Your goal - Your answer should be only the lines below from the one with "anew_returned = ground arith" to the one with "c.id >> pure c) in", repeated exactly, ends included.

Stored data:
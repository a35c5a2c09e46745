-- ===== src/DispatchService/Checks.antt =====
-- What a dispatch that goes through has passed.
use abyte_tex.Base.{
  ℕ, ◌≡◌, refl, true, false, none, some, List, ◌&&◌, ◌==◌, ◌+◌, leb, truthy, Memᴰ, arith,
  if◌then◌else◌, subst, sym,
}
use abyte_tex.Http.{ok, err, bad_request}
use abyte_tex.Context.{TenantRequestContext}
use abyte_tex.Workflow.{lists}
use abyte_tex.Schema
use abyte_tex.Schema.{
  SalesOrder, SalesOrderItem, SalesOrderStatus, sales_order_status, ProductionBatch, Dispatch,
}
use abyte_tex.Database.{Prisma, Db, ◌>>=◌, ◌>>◌, pure, check, for_each, transaction, log}
use abyte_tex.Database.Laws.{for_each_reads}
use abyte_tex.Database.Effects.{Returns, Returns-bind, Returns-for_each}
use abyte_tex.Idempotency.{check_key, record_key}
use abyte_tex.Quality.{is_hold, assert_batch_shippable}
use abyte_tex.DispatchService.{
  CreateDispatchDto, DispatchItemDto, eligible_statuses, find_item, check_remaining, check_batch,
  check_items, check_dispatch, dispatch_anew, create_dispatch, ship,
}
use abyte_tex.DispatchService.Shipping.{check_batch-IsReading, check_dispatch-IsReading}

-- The quantity check passes exactly when the quantity fits into what is undelivered of the line.
pub check_remaining_iff :
    (items : List SalesOrderItem) (item : DispatchItemDto) (id : ℕ) (i : SalesOrderItem)
    → truthy item.sales_order_item_id ≡ some id
    → find_item id items ≡ some i
    → check_remaining items item
      ≡ (if leb (i.delivered_qty + item.quantity) i.quantity then ok tt else err bad_request)
unfolding check_remaining
check_remaining_iff items item id i e f = ground arith

module _ ⦃P : Prisma⦄ (ctx : TenantRequestContext) (t : ℕ) (e : truthy ctx.tenant_id ≡ some t)
    (dto : CreateDispatchDto) (user_id : ℕ) (db : Db) (no_key : truthy dto.idempotency_key ≡ none)
    (returned : Returns (create_dispatch ctx dto user_id db).0) where
  -- The lines of the order that the request names.
  abbrev lines : List SalesOrderItem
  lines = P.find_many (λ i. i.sales_order_id == dto.sales_order_id) db.sales_order_items

  anew_returned : Returns (dispatch_anew ctx dto user_id db).0
  unfolding create_dispatch check_key
  anew_returned = ground arith

  checked : Returns (check_dispatch ctx dto db).0
  unfolding dispatch_anew
  checked =
      let finish = λ (c : Dispatch).
        log ctx Schema.AuditAction.create Schema.EntityType.dispatch c.id
        >> (record_key ctx Schema.dispatch_create dto.idempotency_key c.id >> pure c) in
      let (u, p, k) =
        Returns-bind (check_dispatch ctx dto) (λ _. transaction (ship ctx dto user_id) >>= finish)
          db (check_dispatch-IsReading ctx dto) anew_returned in
      subst (λ r. Returns r.0) (sym p) tt

  cleared : Returns (check_items ctx dto.items lines db).0
  unfolding check_dispatch
  cleared = ground (arith, checked)

  -- When a dispatch without an idempotency key returns, the sales order that is found for it had an
  -- eligible status, which READY alone is.
  pub create_dispatch-eligible :
      (o : SalesOrder)
      → P.find_first (λ r. (r.tenant_id == t) && (r.id == dto.sales_order_id)) db.sales_orders
        ≡ some o
      → lists eligible_statuses o.status ≡ true
  unfolding check_dispatch
  create_dispatch-eligible o f = ground (arith, checked)

  passed :
      (item : DispatchItemDto)
      → Memᴰ item dto.items
      → Returns (check_remaining lines item) × Returns (check_batch ctx item db).0
  unfolding check_items
  passed item m =
      let (u, p, k) =
        Returns-bind (for_each dto.items (λ x. check (check_remaining lines x)))
          (λ _. for_each dto.items (check_batch ctx)) db
          (λ d. for_each_reads dto.items (λ x. check (check_remaining lines x)) d (λ _. refl))
          cleared in
      (
        Returns-for_each dto.items (λ x. check (check_remaining lines x)) db item (λ _ _. refl) m
            (subst (λ r. Returns r.0) (sym p) tt),
        Returns-for_each dto.items (check_batch ctx) db item (check_batch-IsReading ctx) m k,
      )

  -- When a dispatch without an idempotency key returns, the quantity of each of its items that
  -- names a line of the order was at most what was undelivered of that line when the dispatch
  -- began.
  pub create_dispatch-fits :
      (item : DispatchItemDto) (id : ℕ) (i : SalesOrderItem)
      → Memᴰ item dto.items
      → truthy item.sales_order_item_id ≡ some id
      → find_item id lines ≡ some i
      → leb (i.delivered_qty + item.quantity) i.quantity ≡ true
  create_dispatch-fits item id i m p f =
      ground (arith, (passed item m).0, check_remaining_iff lines item id i p f)

  -- When a dispatch without an idempotency key returns, the batch that is found for a batch number
  -- of one of its items was not on hold when the dispatch began.
  pub create_dispatch-not_held :
      (item : DispatchItemDto) (n : ℕ) (b : ProductionBatch)
      → Memᴰ item dto.items
      → truthy item.batch_number ≡ some n
      → P.find_first (λ r. (r.tenant_id == t) && (r.batch_number == n)) db.production_batches
        ≡ some b
      → is_hold b.status ≡ false
  unfolding check_batch assert_batch_shippable
  create_dispatch-not_held item n b m p f = ground (arith, (passed item m).1)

Output for this task -
  anew_returned = ground arith

  checked : Returns (check_dispatch ctx dto db).0
  unfolding dispatch_anew
  checked =
      let finish = λ (c : Dispatch).
        log ctx Schema.AuditAction.create Schema.EntityType.dispatch c.id
        >> (record_key ctx Schema.dispatch_create dto.idempotency_key c.id >> pure c) in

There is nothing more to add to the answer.